Ближе, ближе барабанные удары шагов. Пронзительно заныло сердце.
— Здравствуй, Наташа! — сказал я.
Она остановилась и молчала. Мучительно такое мгновение.
Наташа была красива. Это стукнуло меня, ошеломило! Я болею, а ей как с гуся вода. Но тотчас я заметил сеточку морщинок под глазами, блеск седины. Так, считанные волоски. Но и ее тронуло время. Я бы сильно обиделся, не разглядев в Наташе этих знаков. Они примиряли нас. В общем времени ее жизни был август, ранняя женская осень на верном ходу.
Я простил ее.
— Как ты живешь? (И думал: «Мне-то все равно»).

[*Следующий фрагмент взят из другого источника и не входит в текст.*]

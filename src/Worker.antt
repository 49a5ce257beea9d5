-- ===== src/Worker.antt =====
-- vscode-dotnet-runtime-library/src/Acquisition/DotnetCoreAcquisitionWorker.ts: acquiring and
-- uninstalling. The worker's state is the tracker's, the disk and the memory cache. Each operation
-- runs under its lock. What the machine and the package of the cache do is the parameter `Host`.
pub mod Local
pub mod Global
pub mod Existing
pub mod Tracked
pub mod Validated
pub mod Acquired
pub mod Wiped
pub mod Uninstalled
pub mod Failed
pub mod Held
use vscode_dotnet_runtime.Prelude.{
  ℕ, Bool, true, false, ◌&&◌, ◌||◌, not, Option, none, some, List, [], ◌==◌, if◌then◌else◌, any_of,
  Result, ok, throw, ◌>>=◌, and_then,
}
use vscode_dotnet_runtime.Text.{Text, codes, ◌===◌, includes}
use vscode_dotnet_runtime.Version.{get_major_minor}
use vscode_dotnet_runtime.Install.{
  DotnetInstallMode, sdk, DotnetInstallType, local, global, Architecture, null, undefined, named,
  AcquireContext, DotnetInstall, is_global_type, same_mode,
}
use vscode_dotnet_runtime.Tracker.State.{
  InstallRecord, ExtensionState, get_existing_installs, equivalent_to,
}
use vscode_dotnet_runtime.Tracker.Sessions.{
  ProcessEnvironment, install_has_no_live_dependents_besides_id,
}
use vscode_dotnet_runtime.Tracker.Installs.{
  add_version_to_extension_state, remove_version_from_extension_state, report_successful_uninstall,
  install_has_no_registered_dependents_besides_id,
}
use vscode_dotnet_runtime.Condition.{
  FindPathContext, equal, DotnetListInfo, dotnet_meets_requirement,
}
use vscode_dotnet_runtime.Cache.{NodeCache, LocalMemoryCache, invalidate_entries_containing}
use vscode_dotnet_runtime.Files.{FileSystem, validate_dotnet_install, wipe_directory}

-- `list_sdks` is the status and the output of `dotnet --list-sdks --arch`, and `dotnet_installs`
-- the list that `DotnetResolver` reads from an executable.
pub record Host (D C V : Type 0) : Type 0 where
  pub fs : FileSystem D
  pub node_cache : NodeCache C V
  pub pretty : Text → List Text → Text
  pub install_dir : Text → Text
  pub default_architecture : Text
  pub this_session : Text
  pub is_session_dead : Text → Bool
  pub environment : ProcessEnvironment
  pub is_linux : Bool
  pub using_no_install_invoker : Bool
  pub dotnet_installs : Text → D → DotnetInstallMode → Architecture → List DotnetListInfo
  pub list_sdks : D → Text × Text

pub record Machine (D C : Type 0) : Type 0 where
  pub state : ExtensionState
  pub disk : D
  pub cache : LocalMemoryCache C

abbrev pub text_or_empty : Option Text → Text
text_or_empty none = []
text_or_empty (some t) = t

abbrev pub is_global_request : Option DotnetInstallType → Bool
is_global_request none = false
is_global_request (some type) = is_global_type type

module _ {D C V : Type 0} (host : Host D C V) where
  abbrev pub dotnet_path_of : DotnetInstall → Text
  dotnet_path_of install =
      host.fs.join (host.install_dir install.install_id) host.fs.dotnet_executable

  unfoldable pub get_default_internal_architecture : Architecture → Text
  get_default_internal_architecture (named architecture) = architecture
  get_default_internal_architecture null = codes "null"
  get_default_internal_architecture undefined = host.default_architecture

  abbrev pub validated : Text → D → Result (Unit {0})
  validated path d = validate_dotnet_install host.fs path false true d >>= λ _. ok tt

  abbrev with_state : Result ExtensionState → Machine D C → Result (Unit {0}) × Machine D C
  with_state (ok s) m = (ok tt, record m { state = s })
  with_state (throw error) m = (throw error, m)

  -- The tracker's methods, as the worker calls them.
  abbrev pub track_installed_version :
      AcquireContext → DotnetInstall → Text → Machine D C → Result (Unit {0}) × Machine D C
  track_installed_version ctx install path m =
      with_state
        (add_version_to_extension_state host.default_architecture host.this_session
          ctx.requesting_extension_id install path (validated path m.disk) m.state)
        m

  abbrev pub untrack_installed_version :
      AcquireContext → DotnetInstall → Bool → Machine D C → Machine D C
  untrack_installed_version ctx install force m = record m {
    state =
        remove_version_from_extension_state host.default_architecture ctx.requesting_extension_id
          install force m.state;
  }

  abbrev pub report_uninstall : DotnetInstall → Machine D C → Machine D C
  report_uninstall install m = record m {
    state = report_successful_uninstall host.default_architecture install m.state;
  }

  abbrev pub invalidate_entries : Text → Machine D C → Machine D C
  invalidate_entries text m = record m {
    cache = invalidate_entries_containing host.node_cache host.pretty text m.cache;
  }

  -- `useLiveDependentCheck`, or the registered owners.
  abbrev pub no_relevant_dependents :
      AcquireContext → DotnetInstall → Bool → ExtensionState → Bool × ExtensionState
  no_relevant_dependents ctx install use_live_dependent_check s =
      if use_live_dependent_check
      then install_has_no_live_dependents_besides_id host.this_session host.is_session_dead
          host.environment host.fs.dirname host.default_architecture (dotnet_path_of install) true
          (text_or_empty ctx.requesting_extension_id) (some install) s
      else install_has_no_registered_dependents_besides_id host.default_architecture install false
          (text_or_empty ctx.requesting_extension_id) s

  -- The condition that an existing install has to meet.
  abbrev pub requirement_of : AcquireContext → FindPathContext
  requirement_of ctx = record {
    version = ctx.version;
    mode = some ctx.mode;
    architecture = ctx.architecture;
    version_spec_requirement = equal;
    reject_previews = false;
  }

  abbrev pub still_valid : AcquireContext → Text → D → Result Bool
  still_valid ctx path d =
      if host.using_no_install_invoker
      then ok true
      else validate_dotnet_install host.fs path false true d >>= λ _.
          dotnet_meets_requirement (host.dotnet_installs path d) host.default_architecture
            (requirement_of ctx)

  unfoldable pub sdk_is_found : AcquireContext → D → Result Bool
  sdk_is_found ctx d =
      let (status, stdout) = host.list_sdks d in
      if not (status === codes "0")
      then ok false
      else if host.is_linux && (same_mode ctx.mode sdk && is_global_request ctx.install_type)
      then (get_major_minor ctx.version >>= λ major_minor. ok (includes stdout major_minor))
      else ok (includes stdout ctx.version)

— Ничего, — ответила Наташа. Верхняя губа прикрылась нижней, выпяченной (она высокомерна — по временам).
— Ездишь в командировки?
— Редко.
Молчание. Наташа сверлит землю каблуком. Ноги ее длинные, модные. По ним — синяя вязь набухающих жилок. Ими написано: «Молодость уходит».
— Интересные командировки?
— Всякие…
Оживилась. Лицо ее блеснуло.
— Я в деревню ездила, в Петушки. В племхозе была, о свинарниках писала. И вообрази, кого я там встретила — Глебова Ваню, сейчас он там секретарит. (Это меня не удивило, знакомых мужчин у нее до чертиков.) А недавно пошел мой городской репортаж, небольшой. Но что мы — рабочие клячи, это вы — творцы. Ты что сейчас делаешь?
— Живу, — отвечаю.
— Я слышала, что ты болен?
— Есть немного.
Еще она спросила, что я пишу, и любопытство проступило не в ее лице — им она владеет, а в плечах и в повороте головы.
— Ты не спешишь? — спросил я.
— Что за вопрос? — сказала она.
По движениям ее я уловил шевеление в ней какой-то идеи, намерения, вопроса. («Если спросит, вернусь ли, скажу так: «Ха!»)
— Это очень больно — легкие?
— Совсем не больно.
— Надо ехать в деревню.
— Поеду. Мне пора. Прощай, — сказал я.
«Так и надо, — одобрил я себя, — только резкие поступки». Уходя, я заметил краем глаза, как задрожал Наташин подбородок.